Records to process ->

· · ·

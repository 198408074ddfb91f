-- ===== src/Usage.antt =====
-- Who used what, and how much of it at a time.
pub mod Limiter
pub mod Granted
pub mod Window
pub mod Spans
pub mod Union
pub mod Segments
pub mod Events
pub mod Emit
pub mod Sweep
pub mod Cards
pub mod Owners
pub mod EdgeSets
pub mod Edges
pub mod Shares
pub mod Charges
mod Tests
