-- ===== src/Controller/Manage/Overwrite.antt =====
-- What a job waits for after all the events of a sync.
use kubeflow_controller.Common.{
  ℕ, zero, suc, String, Bool, true, false, some, List, [], ◌∷◌, ◌++◌, ◌≡◌, ◌⊎◌, inl, inr, refl, sym,
  ap, ◌∙◌, eq_refl, if_true,
}
use mathlib.Core.Path.{subst}
use kubeflow_controller.Common.Int.{ℤ, rounds}
use kubeflow_controller.Common.Outcome.{Outcome, ok, fail, panic, deref}
use kubeflow_controller.Common.Go.{Go, ◌>>=◌, ◌>>◌, resume, pure, modify, gets, lift, zoom}
use kubeflow_controller.Api.{PodTemplateSpec}
use kubeflow_controller.Checker.{tf_replica_ps, tf_replica_worker}
use kubeflow_controller.Platform.{Platform, Sync}
use kubeflow_controller.Platform.Expectations.{ExpectationsLaws}
use kubeflow_controller.Tensorflow.Types.{Event, ActionType, should_add_ps, should_add_worker}
use kubeflow_controller.Tensorflow.Distributed.{get_spec}
use kubeflow_controller.Controller.Helper.{create_pod}
use kubeflow_controller.Controller.Manage.{
  Managed, lowered, on_sync, try_create_pod, add_pod, add_pods, manage_action, manage_events,
  expect,
}

-- Whether the result is one without an error.
abbrev is_ok {ℓ} : {A : Type ℓ} → Outcome A → Bool
is_ok (ok a) = true
is_ok (fail e) = false
is_ok (panic f) = false

no_result {ℓ} : {P : Type ℓ} → false ≡ true → P
no_result e = absurd (cc)

module _ {ℓ} {S : Type ℓ} {B : Type 0} where
  resumed :
      (r : Outcome (Unit {0})) (n : Go S B) (t : S)
      → is_ok (resume r (λ _. n) t).0 ≡ true
      → (is_ok r ≡ true) × (resume r (λ _. n) t ≡ n t)
  resumed (ok a) n t e = (refl, refl)
  resumed (fail x) n t e = no_result e
  resumed (panic x) n t e = no_result e

  -- A chain without an error has one in neither part.
  then-ok :
      (m : Go S (Unit {0})) (n : Go S B) (s : S)
      → is_ok ((m >> n) s).0 ≡ true
      → (is_ok (m s).0 ≡ true) × ((m >> n) s ≡ n (m s).1)
  then-ok m n s e = resumed (m s).0 n (m s).1 e

-- The event asks for pods.
abbrev pub AsksForPods : ActionType → Type 0
AsksForPods action = (action ≡ should_add_worker) ⊎ (action ≡ should_add_ps)

module _ (p : Platform) where
  open p use {expectations}

  abbrev store : Managed p → expectations.Store
  store s = s.1.store

  -- A method that keeps the expectations if it ends without an error.
  record OkKeeps {A : Type 0} (m : Go (Managed p) A) : Type 0 where
    apply : (s : Managed p) → is_ok (m s).0 ≡ true → store (m s).1 ≡ store s

  resume-ok :
      {A B : Type 0} (f : A → Go (Managed p) B) (r : Outcome A) (s t : Managed p)
      → (is_ok r ≡ true → store t ≡ store s)
      → ((a : A) → OkKeeps (f a))
      → is_ok (resume r f t).0 ≡ true
      → store (resume r f t).1 ≡ store s
  resume-ok f (ok a) s t h k e = (k a).apply t e ∙ h refl
  resume-ok f (fail x) s t h k e = no_result e
  resume-ok f (panic x) s t h k e = no_result e

  >>=-ok :
      {A B : Type 0} {m : Go (Managed p) A} {f : A → Go (Managed p) B}
      → OkKeeps m
      → ((a : A) → OkKeeps (f a))
      → OkKeeps (m >>= f)
  >>=-ok {m = m} {f = f} h k = record {
    apply = λ s e. resume-ok f (m s).0 s (m s).1 (h.apply s) k e;
  }

  lowered-ok :
      (key : String) (r : Outcome (Unit {0})) (s : Sync p)
      → is_ok (lowered p key (r, s)).0 ≡ true
      → (lowered p key (r, s)).1.store ≡ s.store
  lowered-ok key (ok a) s e = refl
  lowered-ok key (fail x) s e = no_result e
  lowered-ok key (panic x) s e = refl

  created-ok :
      (key : String) (template : PodTemplateSpec)
      → OkKeeps (
          gets (λ (s : Managed p). s.0.tf_job) >>= λ job.
          on_sync p (try_create_pod p key job template))
  unfolding try_create_pod
  created-ok key template = record {
    apply = λ s e.
        let (r, session) = create_pod p s.0.tf_job template s.1.session in
        lowered-ok key r (record s.1 { session = session }) e;
  }

  add_pod-ok : (key typ : String) (i : ℕ) → OkKeeps (add_pod p key typ i)
  unfolding add_pod
  add_pod-ok key typ i =
      >>=-ok {m = zoom (λ s. s.0) (λ dj s. (dj, s.1)) (get_spec typ i)}
        (record { apply = λ s e. refl })
        λ spec.
          >>=-ok {m = lift (deref spec.template)} (record { apply = λ s e. refl })
            λ template. created-ok key template

  add_pods-ok : (key typ : String) (n i : ℕ) → OkKeeps (add_pods p key typ i n)
  unfolding add_pods
  add_pods-ok key typ zero i = record { apply = λ s e. refl }
  add_pods-ok key typ (suc n) i = >>=-ok (add_pod-ok key typ i) (λ _. add_pods-ok key typ n (suc i))

  module _ (laws : ExpectationsLaws expectations) (key : String) where
    expected :
        (n : ℤ) (st : expectations.Store)
        → expectations.pending key (expectations.expect_creations key n st) ≡ some n
    expected n st = laws.pending-expect key key n st ∙ if_true _ _ (eq_refl key)

    Leaves : Managed p → ℤ → Type 0
    Leaves end n = expectations.pending key (store end) ≡ some n

    pods-pending :
        (typ : String) (n : ℤ) (s : Managed p)
        → let end = (on_sync p (modify (expect p key n)) >> add_pods p key typ 0 (rounds n)) s in
          is_ok end.0 ≡ true → Leaves end.1 n
    unfolding expect Leaves
    pods-pending typ n s e =
        let t = (on_sync p (modify (expect p key n)) s).1 in
        ap (expectations.pending key) ((add_pods-ok key typ (rounds n) 0).apply t e)
        ∙ expected n (store s)

    action-pending :
        {action : ActionType} (n : ℤ) (s : Managed p)
        → AsksForPods action
        → is_ok (manage_action p key action n s).0 ≡ true
        → Leaves (manage_action p key action n s).1 n
    unfolding manage_action
    action-pending n s (inl h) =
        subst
          (λ a. is_ok (manage_action p key a n s).0 ≡ true → Leaves (manage_action p key a n s).1 n)
          (sym h) (pods-pending tf_replica_worker n s)
    action-pending n s (inr h) =
        subst
          (λ a. is_ok (manage_action p key a n s).0 ≡ true → Leaves (manage_action p key a n s).1 n)
          (sym h) (pods-pending tf_replica_ps n s)

    events-pending :
        (events : List Event) (last : Event) (s : Managed p)
        → AsksForPods last.action
        → is_ok (manage_events p key (events ++ last ∷ []) s).0 ≡ true
        → Leaves (manage_events p key (events ++ last ∷ []) s).1 last.number
    unfolding manage_events
    events-pending [] last s h e =
        let (done, same) = then-ok (manage_action p key last.action last.number) (pure tt) s e in
        subst (λ end. Leaves end.1 last.number) (sym same) (action-pending last.number s h done)
    events-pending (event ∷ events) last s h e =
        let rest = manage_events p key (events ++ last ∷ []) in
        let act = manage_action p key event.action event.number in
        let (done, same) = then-ok act rest s e in
        subst (λ end. Leaves end.1 last.number) (sym same)
          (events-pending events last (act s).1 h (sym (ap (λ end. is_ok end.0) same) ∙ e))

    -- The events of a sync that ends without an error leave the job waiting for what the last of them asked
    -- for, if that asked for pods, whatever the events before it asked for and had created.
    pub manage_events-overwrite :
        (events : List Event) (last : Event) (s : Managed p)
        → AsksForPods last.action
        → (manage_events p key (events ++ last ∷ []) s).0 ≡ ok tt
        → expectations.pending key (store (manage_events p key (events ++ last ∷ []) s).1)
          ≡ some last.number
    unfolding Leaves
    manage_events-overwrite events last s h e = events-pending events last s h (ap is_ok e)
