-- ===== src/Tensorflow/Metadata.antt =====
-- The methods of both kinds of job write the spec only: the job's metadata stays.
use kubeflow_controller.Common.{
  ℕ, String, List, ◌++◌, length, [], ◌∷◌, ◌≡◌, refl, ◌∙◌, arith, if◌then◌else◌,
}
use kubeflow_controller.Common.Int.{ℤ, pos, ltb_ℤ, eqb_ℤ, ◌-ℤ◌}
use kubeflow_controller.Common.Map.{Map}
use kubeflow_controller.Common.Go.{zoom, attempt, modify}
use kubeflow_controller.Common.Go.Keeps.{
  Preorder, Keeps, Yields, >>=-Keeps, >>-Keeps, zoom-Keeps, lift-Keeps, pure-Keeps, reads-Keeps,
  attempt-Keeps, if-Keeps,
}
use kubeflow_controller.Common.Outcome.{ok, deref}
use kubeflow_controller.Api.{ObjectMeta, set_runtime_id}
use kubeflow_controller.Checker.{tf_replica_ps, tf_replica_worker}
use kubeflow_controller.Tensorflow.Types.{
  NameGenerator, Event, should_add_worker, should_add_worker_service, should_add_ps_service,
  nothing_event, generate_runtime_id,
}
use kubeflow_controller.Tensorflow.Local.{LocalJob, labels}
use kubeflow_controller.Tensorflow.Local
use kubeflow_controller.Tensorflow.Distributed.Spec.{
  DistributedJob, get_worker_spec, get_ps_spec, get_labels,
}
use kubeflow_controller.Tensorflow.Distributed.{
  service_events, ps_events, add_workers, expected_workers, assign_labels, prepare_template,
  get_spec, worker_events, get_service,
}
use kubeflow_controller.Tensorflow.Distributed

-- States that hold a job with the same metadata.
abbrev pub SameMeta : {S : Type 0} → (S → ObjectMeta) → Preorder S
SameMeta meta = record {
  Rel = λ s t. meta t ≡ meta s;
  same = λ s. refl;
  through = λ s t u h k. k ∙ h;
}

-- No claim at all.
abbrev Anything : (S : Type 0) → Preorder S
Anything S = record { Rel = λ s t. Unit; same = λ s. tt; through = λ s t u h k. tt }

abbrev pub Jobs : Preorder DistributedJob
Jobs = SameMeta (λ (dj : DistributedJob). dj.tf_job.metadata)

assign_labels-same :
    (typ : String) (ls : Map String) (dj : DistributedJob)
    → Yields (λ dj'. dj'.tf_job.metadata ≡ dj.tf_job.metadata) (assign_labels typ ls dj)
unfolding assign_labels
assign_labels-same typ ls dj = ground arith

prepare_template-same :
    (typ : String) (n : ℕ) (dj : DistributedJob)
    → Yields (λ dj'. dj'.tf_job.metadata ≡ dj.tf_job.metadata) (prepare_template typ n dj)
unfolding prepare_template
prepare_template-same typ n dj = ground arith

-- GetSpec keeps the metadata.
pub get_spec-same : (typ : String) (n : ℕ) → Keeps Jobs (get_spec typ n)
unfolding get_spec
get_spec-same typ n =
    >>-Keeps Jobs (attempt-Keeps Jobs (prepare_template typ n) (prepare_template-same typ n))
      (reads-Keeps Jobs _)

relabel-same :
    (typ : String) → Keeps Jobs (attempt (λ dj. assign_labels typ (get_labels dj typ) dj))
relabel-same typ =
    attempt-Keeps Jobs (λ dj. assign_labels typ (get_labels dj typ) dj)
      (λ dj. assign_labels-same typ (get_labels dj typ) dj)

rename-same :
    (id : String)
    → Keeps Jobs
        (modify (λ (dj : DistributedJob). record dj { tf_job = set_runtime_id id dj.tf_job }))
rename-same id = record { apply = λ dj. refl }

abbrev LocalJobs : Preorder LocalJob
LocalJobs = SameMeta (λ (lj : LocalJob). lj.tf_job.metadata)

local_assign-same :
    (ls : Map String) (lj : LocalJob)
    → Yields (λ lj'. lj'.tf_job.metadata ≡ lj.tf_job.metadata) (Local.assign_labels ls lj)
unfolding Local.assign_labels
local_assign-same ls lj = ground arith

local_relabel-same : (ls : Map String) → Keeps LocalJobs (attempt (Local.assign_labels ls))
local_relabel-same ls = attempt-Keeps LocalJobs (Local.assign_labels ls) (local_assign-same ls)

local_rename-same :
    (id : String)
    → Keeps LocalJobs
        (modify (λ (lj : LocalJob). record lj { tf_job = set_runtime_id id lj.tf_job }))
local_rename-same id = record { apply = λ lj. refl }

module _ (names : NameGenerator) where
  open names use {Gen}

  abbrev pub Drawing : Preorder (DistributedJob × Gen)
  Drawing = SameMeta (λ (s : DistributedJob × Gen). s.0.tf_job.metadata)

  id-same :
      Keeps Drawing
        (zoom (λ (s : DistributedJob × Gen). s.1) (λ gen s. (s.0, gen)) (generate_runtime_id names))
  unfolding generate_runtime_id
  id-same = record { apply = λ s. refl }

  compose-same : Keeps Drawing (Distributed.compose names)
  unfolding Distributed.compose
  compose-same = >>=-Keeps Drawing (reads-Keeps Drawing (λ s. get_worker_spec s.0)) λ worker.
      >>=-Keeps Drawing (reads-Keeps Drawing (λ s. get_ps_spec s.0)) λ ps.
        >>=-Keeps Drawing id-same λ id.
          zoom-Keeps Jobs Drawing (λ s. s.0) (λ dj s. (dj, s.1)) (λ s dj h. h)
            (>>-Keeps Jobs (rename-same id)
              (>>-Keeps Jobs (relabel-same tf_replica_worker) (relabel-same tf_replica_ps)))

  abbrev add_event : ℕ → ℤ → List Event
  add_event count expected =
      record { action = should_add_worker; number = expected -ℤ pos count } ∷ []

  worker_events-same :
      (count : ℕ) (expected : ℤ) → Keeps Drawing (worker_events names count expected)
  unfolding worker_events add_workers
  worker_events-same count expected = record {
    apply = λ s.
        if-Keeps Drawing (ltb_ℤ (pos count) expected) s (add_workers names count expected s)
          (ok (if eqb_ℤ (pos count) expected then nothing_event ∷ [] else []), s)
          ((>>-Keeps Drawing compose-same (pure-Keeps Drawing (add_event count expected))).apply s)
          refl;
  }

  pub action-same : Keeps Drawing (Distributed.action names)
  unfolding Distributed.action
  action-same = record {
    apply = λ s.
        (>>=-Keeps Drawing (reads-Keeps Drawing (λ s. get_worker_spec s.0)) λ worker.
            >>=-Keeps Drawing (lift-Keeps Drawing (deref worker.replicas)) λ workers.
              >>=-Keeps Drawing (reads-Keeps Drawing (λ s. get_ps_spec s.0)) λ ps.
                >>=-Keeps Drawing (lift-Keeps Drawing (deref ps.replicas)) λ expected_ps.
                  >>=-Keeps Drawing
                    (worker_events-same (length s.0.active_worker_pods)
                      (expected_workers s.0 workers))
                    λ events. pure-Keeps Drawing (
                      (service_events should_add_worker_service (length s.0.worker_services)
                          (expected_workers s.0 workers)
                        ++ service_events should_add_ps_service (length s.0.ps_services)
                            expected_ps)
                      ++ (events ++ ps_events (length s.0.active_ps_pods) expected_ps))).apply
          s;
  }

  pub get_service-same : (typ : String) (i : ℕ) → Keeps Drawing (get_service names typ i)
  unfolding get_service
  get_service-same typ i = record { apply = λ s. refl }

  abbrev pub DrawingLocal : Preorder (LocalJob × Gen)
  DrawingLocal = SameMeta (λ (s : LocalJob × Gen). s.0.tf_job.metadata)

  local_id-same :
      Keeps DrawingLocal
        (zoom (λ (s : LocalJob × Gen). s.1) (λ gen s. (s.0, gen)) (generate_runtime_id names))
  unfolding generate_runtime_id
  local_id-same = record { apply = λ s. refl }

  local_compose-same : Keeps DrawingLocal (Local.compose names)
  unfolding Local.compose
  local_compose-same = >>=-Keeps DrawingLocal local_id-same λ id.
      zoom-Keeps LocalJobs DrawingLocal (λ s. s.0) (λ lj s. (lj, s.1)) (λ s lj h. h)
        (>>-Keeps LocalJobs (local_rename-same id)
          (>>=-Keeps LocalJobs (reads-Keeps LocalJobs labels) local_relabel-same))

  pub local_action-same : Keeps DrawingLocal (Local.action names)
  unfolding Local.action Local.add_worker
  local_action-same = record {
    apply = λ s.
        if-Keeps DrawingLocal (ltb_ℤ (pos 0) s.0.succeeded) s (ok nothing_event, s) _ refl
          (if-Keeps DrawingLocal (ltb_ℤ (Local.active s.0) (pos 1)) s (Local.add_worker names s.0 s)
            (ok nothing_event, s)
            ((>>-Keeps DrawingLocal local_compose-same (
                pure-Keeps DrawingLocal (record {
                  action = should_add_worker;
                  number = pos 1 -ℤ Local.active s.0;
                }))).apply
              s)
            refl);
  }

· · ·

What you will do -> How many lines in the records include "session"? Answer with the number alone.

Final answer -> 2